Продержавшись два года, Абердин передал свой пост в руки королевы. Дизраэли писал: «В течение двух лет страной управляли самые способные из ее людей, и к концу упомянутого срока им удалось, объединив свои усилия и таланты, довести эту страну до полного разорения и отчаяния». Комиссия не добилась в расследовании большого успеха. «Я чувствовал коррупцию повсюду вокруг себя, — писал Робак, — но не мог схватить ее за руку». Сходное недовольство и разочарование пронизывало настроения публики. Как прямой ответ на проявленную в Крыму пагубную нераспорядительность возникла Ассоциация административной реформы. В нее входили представители Сити и лондонского профессионального класса. Однако она действовала медленно и неуклюже, и ей мало чего удалось достичь.

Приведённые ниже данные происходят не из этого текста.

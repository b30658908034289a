-- ===== src/Suggest.antt =====
-- internal/diag/suggest.go: the "did you mean?" ranker. Texts are bytes, and lower case is that of
-- ASCII. The confidence of a suggestion, a floating-point number, is left out.
pub mod Distance
pub mod Promise
pub mod Ranking
use sql_ai_tools.Prelude.{
  ℕ, zero, suc, ◌+◌, ◌-◌, min, Bool, true, false, ◌&&◌, ◌||◌, not, List, [], ◌∷◌, Option, none,
  some, Bytes, codes, length, take, get_or, ltb, leb, ◌==◌, if◌then◌else◌,
}
use sql_ai_tools.Text.{bytes_eq}
use sql_ai_tools.Position.{Position}

-- The row of distances to the empty text: `prev[j] = j`, from `j` on.
unfoldable pub count_from : ℕ → Bytes → List ℕ
count_from j [] = j ∷ []
count_from j (y ∷ b) = j ∷ count_from (suc j) b

unfoldable pub cost : ℕ → ℕ → ℕ
cost x y = if x == y then 0 else 1

unfoldable pub cell : ℕ → ℕ → ℕ → ℕ
cell deletion insertion substitution = min (min deletion insertion) substitution

-- The inner loop: `prev` from `prev[j-1]` on, and `left` is `curr[j-1]`. A row that is too short, on
-- which the code would panic, ends the row.
unfoldable pub fill : ℕ → Bytes → List ℕ → ℕ → List ℕ
unfolding cell cost
fill x [] prev left = []
fill x (y ∷ b) (diagonal ∷ above ∷ prev) left =
    let here = cell (above + 1) (left + 1) (diagonal + cost x y) in
    here ∷ fill x b (above ∷ prev) here
fill x (y ∷ b) _ left = []

-- The outer loop, from row `i` on.
unfoldable pub fill_rows : ℕ → Bytes → Bytes → List ℕ → List ℕ
unfolding fill
fill_rows i [] b prev = prev
fill_rows i (x ∷ a) b prev = fill_rows (suc i) a b (i ∷ fill x b prev i)

unfoldable pub levenshtein : Bytes → Bytes → ℕ
unfolding fill_rows count_from
levenshtein a b =
    if bytes_eq a b
    then 0
    else if length a == 0
    then length b
    else if length b == 0
    then length a
    else get_or (fill_rows 1 a b (count_from 0 b)) (length b) 0

unfoldable pub abs_diff : ℕ → ℕ → ℕ
abs_diff a b = if ltb b a then a - b else b - a

unfoldable pub max_distance : ℕ → ℕ
max_distance name_len = if leb name_len 3 then 1 else if leb name_len 6 then 2 else 3

lower_byte : ℕ → ℕ
lower_byte c = if leb b'A' c && leb c b'Z' then c + 32 else c

-- `strings.ToLower`.
unfoldable pub to_lower : Bytes → Bytes
unfolding lower_byte
to_lower [] = []
to_lower (c ∷ s) = lower_byte c ∷ to_lower s

-- `strings.EqualFold`.
unfoldable pub equal_fold : Bytes → Bytes → Bool
unfolding to_lower bytes_eq
equal_fold s t = bytes_eq (to_lower s) (to_lower t)

pub record Scored : Type 0 where
  pub name : Bytes
  pub distance : ℕ

unfoldable pub is_empty : Bytes → Bool
is_empty [] = true
is_empty (c ∷ s) = false

-- The loop over the candidates.
module _ (dist : Bytes → Bytes → ℕ) (misspelled : Bytes) (limit : ℕ) where
  unfoldable pub score : Bytes → Option Scored
  unfolding is_empty
  score cand =
      let d = dist (to_lower misspelled) (to_lower cand) in
      if is_empty cand || equal_fold cand misspelled
      then none
      else if ltb limit (abs_diff (length cand) (length misspelled))
      then none
      else if ltb limit d
      then none
      else some (record { name = cand; distance = d })

  add_hit : Option Scored → List Scored → List Scored
  add_hit none hits = hits
  add_hit (some h) hits = h ∷ hits

  unfoldable pub scored : List Bytes → List Scored
  unfolding score add_hit
  scored [] = []
  scored (cand ∷ cands) = add_hit (score cand) (scored cands)

-- `<` on strings.
unfoldable pub bytes_lt : Bytes → Bytes → Bool
bytes_lt s [] = false
bytes_lt [] (d ∷ t) = true
bytes_lt (c ∷ s) (d ∷ t) = let later = bytes_lt s t in if c == d then later else ltb c d

-- The order of `sort.Slice`.
unfoldable pub before : Bytes → Bool → Scored → Scored → Bool
before misspelled prefer_same_len i j =
    let i_same = length i.name == length misspelled in
    let j_same = length j.name == length misspelled in
    if not (i.distance == j.distance)
    then ltb i.distance j.distance
    else if prefer_same_len && ((i_same && not j_same) || (j_same && not i_same))
    then i_same
    else bytes_lt i.name j.name

module _ (misspelled : Bytes) (prefer_same_len : Bool) where
  unfoldable pub insert_hit : Scored → List Scored → List Scored
  insert_hit h [] = h ∷ []
  insert_hit h (x ∷ xs) =
      let rest = insert_hit h xs in
      if before misspelled prefer_same_len x h then x ∷ rest else h ∷ x ∷ xs

  unfoldable pub sort_hits : List Scored → List Scored
  unfolding insert_hit
  sort_hits [] = []
  sort_hits (h ∷ hs) = insert_hit h (sort_hits hs)

abbrev pub max_suggestions : ℕ
max_suggestions = 3

-- `output.Suggestion` without its confidence; the reason is the metric's prefix and the distance.
pub record Suggestion : Type 0 where
  pub replacement : Bytes
  pub range_start : ℕ
  pub range_end : ℕ
  pub reason_prefix : Bytes
  pub distance : ℕ

suggestions_of : Bytes → Bytes → ℕ → List Scored → List Suggestion
suggestions_of misspelled reason start [] = []
suggestions_of misspelled reason start (h ∷ hs) =
    record {
      replacement = h.name;
      range_start = start;
      range_end = start + length misspelled;
      reason_prefix = reason;
      distance = h.distance;
    }
    ∷ suggestions_of misspelled reason start hs

-- `suggestWithDistance`. No hit, like any of the early returns, gives the empty list.
unfoldable pub suggest_with_distance :
    Bytes → List Bytes → Option Position → ℕ → (Bytes → Bytes → ℕ) → Bytes → Bool → List Suggestion
unfolding suggestions_of is_empty
suggest_with_distance misspelled candidates none limit dist reason prefer_same_len = []
suggest_with_distance misspelled candidates (some p) limit dist reason prefer_same_len =
    if is_empty misspelled || limit == 0
    then []
    else suggestions_of misspelled reason p.byte_offset (
        take max_suggestions
          (sort_hits misspelled prefer_same_len (scored dist misspelled limit candidates)))

-- `Suggest`.
unfoldable pub suggest : Bytes → List Bytes → Option Position → List Suggestion
unfolding suggest_with_distance
suggest misspelled candidates p =
    suggest_with_distance misspelled candidates p (max_distance (length misspelled)) levenshtein
      (codes "levenshtein_distance") false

Кто-то должен был взять на себя вину или хотя бы согласиться встать у руля. Трудно представить, какой здравомыслящий человек захотел бы взять на себя обязанности премьер-министра в военное время, — но кто сказал, что политики отличаются каким-то особенным здравомыслием? Многие считали, что вперед должен выдвинуться Дерби как лидер консерваторов, но он, к великой ярости Дизраэли, отказался это сделать. Дизраэли питал симпатию к Леванту и был горько разочарован тем, что его лидер в палате лордов уклонился от схватки с Россией. Впрочем, никогда нельзя было знать, о чем на самом деле думает Дизраэли. Сэр Уильям Грегори, когда-то стоявший за кулисами «Молодой Англии», заметил: «Он был человеком огромного таланта, и это не стали бы отрицать даже заклятые враги. Но даже я, его близкий друг, должен признать: со времени выхода на общественную сцену и до своего последнего часа он жил и умер шарлатаном».